# WHAT YOU NEED TO DO:
Here is the task for the records below: repeat exactly the lines from the one with "pad_zero = 2" to the one with "put_padding zero c o = o", both included, and nothing else.

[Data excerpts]
....

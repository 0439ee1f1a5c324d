-- ===== src/PrintfToStream.antt =====
-- src/Util/PrintfToStream.cpp: `prints` and `printi`. The characters given to `put_char`, whose result
-- is not used, are a result of the call, next to its count. A string is the list of its characters
-- without the terminating zero; an `intptr_t` is its 64-bit pattern. The flags are those of `pad`.
pub mod Padding
pub mod Digits
pub mod Decimal
pub mod Numbers
pub mod Float
pub mod Format
use slirp4tinc.Prelude.{
  ℕ, zero, suc, ◌+◌, ◌-◌, ◌/◌, ◌%◌, ◌^◌, Bool, true, false, not, ◌&&◌, List, [], ◌∷◌, ◌++◌, ◌==◌,
  if◌then◌else◌, ltb, leb, length,
}
use slirp4tinc.Prelude.Run.{Run, ok, undefined, ◌>>=◌}

-- `pad & flag`, for a flag that is a power of two
abbrev pub has_flag : ℕ → ℕ → Bool
has_flag pad flag = pad / flag % 2 == 1

abbrev pub pad_right : ℕ
pad_right = 1

abbrev pub pad_zero : ℕ
pad_zero = 2

abbrev pub pad_plus : ℕ
pad_plus = 4

abbrev pub pad_long : ℕ
pad_long = 128

abbrev pub Printed : Type 0
Printed = ℕ × List ℕ

-- `put_char(c); ++pc;`. The count is that of the characters put, without a bound.
abbrev pub put_one : ℕ → Printed → Printed
put_one c (pc, out) = (pc + 1, out ++ c ∷ [])

-- `pc` is an `int`: a count that it does not hold is an overflow, which is undefined. A count is only
-- added to, up to the one of `vprintf`, and is checked there.
unfoldable pub counted : Printed → Run Printed
counted (pc, out) = if ltb pc (2 ^ 31) then ok (pc, out) else undefined

-- The loops over `width` and over the string.
pub put_padding : ℕ → ℕ → Printed → Printed
put_padding zero c o = o
put_padding (suc width) c o = put_padding width c (put_one c o)

pub put_string : List ℕ → Printed → Printed
put_string [] o = o
put_string (c ∷ string) o = put_string string (put_one c o)

-- The character 32 is a blank, and 48 is '0'.
abbrev pub padding_char : ℕ → ℕ → ℕ
padding_char width pad = if ltb 0 width && has_flag pad pad_zero then 48 else 32

abbrev pub padding_width : List ℕ → ℕ → ℕ
padding_width string width = if leb width (length string) then 0 else width - length string

-- `prints(string, width, pad)`
pub prints : List ℕ → ℕ → ℕ → Printed
unfolding put_padding put_string
prints string width pad =
    let c = padding_char width pad in
    let rest = padding_width string width in
    if has_flag pad pad_right
    then put_padding rest c (put_string string (0, []))
    else put_string string (put_padding rest c (0, []))

-- A digit's character.
abbrev pub digit_char : ℕ → ℕ → ℕ
digit_char letter_base t = if leb 10 t then t + letter_base - 10 else t + 48

-- `*--s = c`, with `space` characters of `print_buf` in front of `s`.
abbrev pub push_char : ℕ → ℕ → List ℕ → Run (ℕ × List ℕ)
push_char zero c s = undefined
push_char (suc space) c s = ok (space, c ∷ s)

-- The loop `while (u)`
pub digits : ℕ → ℕ → ℕ → ℕ → List ℕ → Run (ℕ × List ℕ)
digits base letter_base zero u s = if u == 0 then ok (zero, s) else undefined
digits base letter_base (suc space) u s =
    let rest = digits base letter_base space (u / base) (digit_char letter_base (u % base) ∷ s) in
    if u == 0 then ok (suc space, s) else rest

-- The magnitude and the sign that is printed, for `i` of 32 bits, or of 64 bits if `PAD_LONG` is set.
-- The negation of the least `intptr_t` overflows.
pub magnitude : ℕ → Bool → ℕ → Run (Bool × ℕ)
magnitude i signed pad =
    if has_flag pad pad_long
    then (if signed && leb (2 ^ 63) i
        then (if i == 2 ^ 63 then undefined else ok (true, 2 ^ 64 - i))
        else ok (false, i))
    else (if signed && leb (2 ^ 31) (i % 2 ^ 32)
        then ok (true, 2 ^ 32 - i % 2 ^ 32)
        else ok (false, i % 2 ^ 32))

-- The sign, and `prints`. The character 45 is '-', and 43 is '+'.
pub finish : Bool → ℕ → ℕ → ℕ → List ℕ → Run Printed
unfolding prints
finish true width pad space s =
    if not (width == 0) && has_flag pad pad_zero
    then (let (pc, out) = prints s (width - 1) pad in ok (1 + pc, 45 ∷ out))
    else (do (space', s') ← push_char space 45 s; ok (prints s' width pad))
finish false width pad space s =
    if has_flag pad pad_plus
    then (do (space', s') ← push_char space 43 s; ok (prints s' width pad))
    else ok (prints s width pad)

-- PRINT_BUF_LEN - 1 for pointers of 64 bits: the characters in front of the terminating zero.
abbrev pub buffer_space : ℕ
buffer_space = 21

-- `printi(i, base, sign, width, pad, letterBase)`
pub printi : ℕ → ℕ → Bool → ℕ → ℕ → ℕ → Run Printed
unfolding magnitude digits finish
printi i base sign width pad letter_base = if i == 0 then ok (prints (48 ∷ []) width pad) else (do
  (neg, u) ← magnitude i (sign && (base == 10)) pad
  (space, s) ← digits base letter_base buffer_space u []
  finish neg width pad space s)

....

# ANSWER SPACE:
pad_zero = 2

abbrev pub pad_plus : ℕ
pad_plus = 4

abbrev pub pad_long : ℕ
pad_long = 128

abbrev pub Printed : Type 0
Printed = ℕ × List ℕ

-- `put_char(c); ++pc;`. The count is that of the characters put, without a bound.
abbrev pub put_one : ℕ → Printed → Printed
put_one c (pc, out) = (pc + 1, out ++ c ∷ [])

-- `pc` is an `int`: a count that it does not hold is an overflow, which is undefined. A count is only
-- added to, up to the one of `vprintf`, and is checked there.
unfoldable pub counted : Printed → Run Printed
counted (pc, out) = if ltb pc (2 ^ 31) then ok (pc, out) else undefined

-- The loops over `width` and over the string.
pub put_padding : ℕ → ℕ → Printed → Printed
put_padding zero c o = o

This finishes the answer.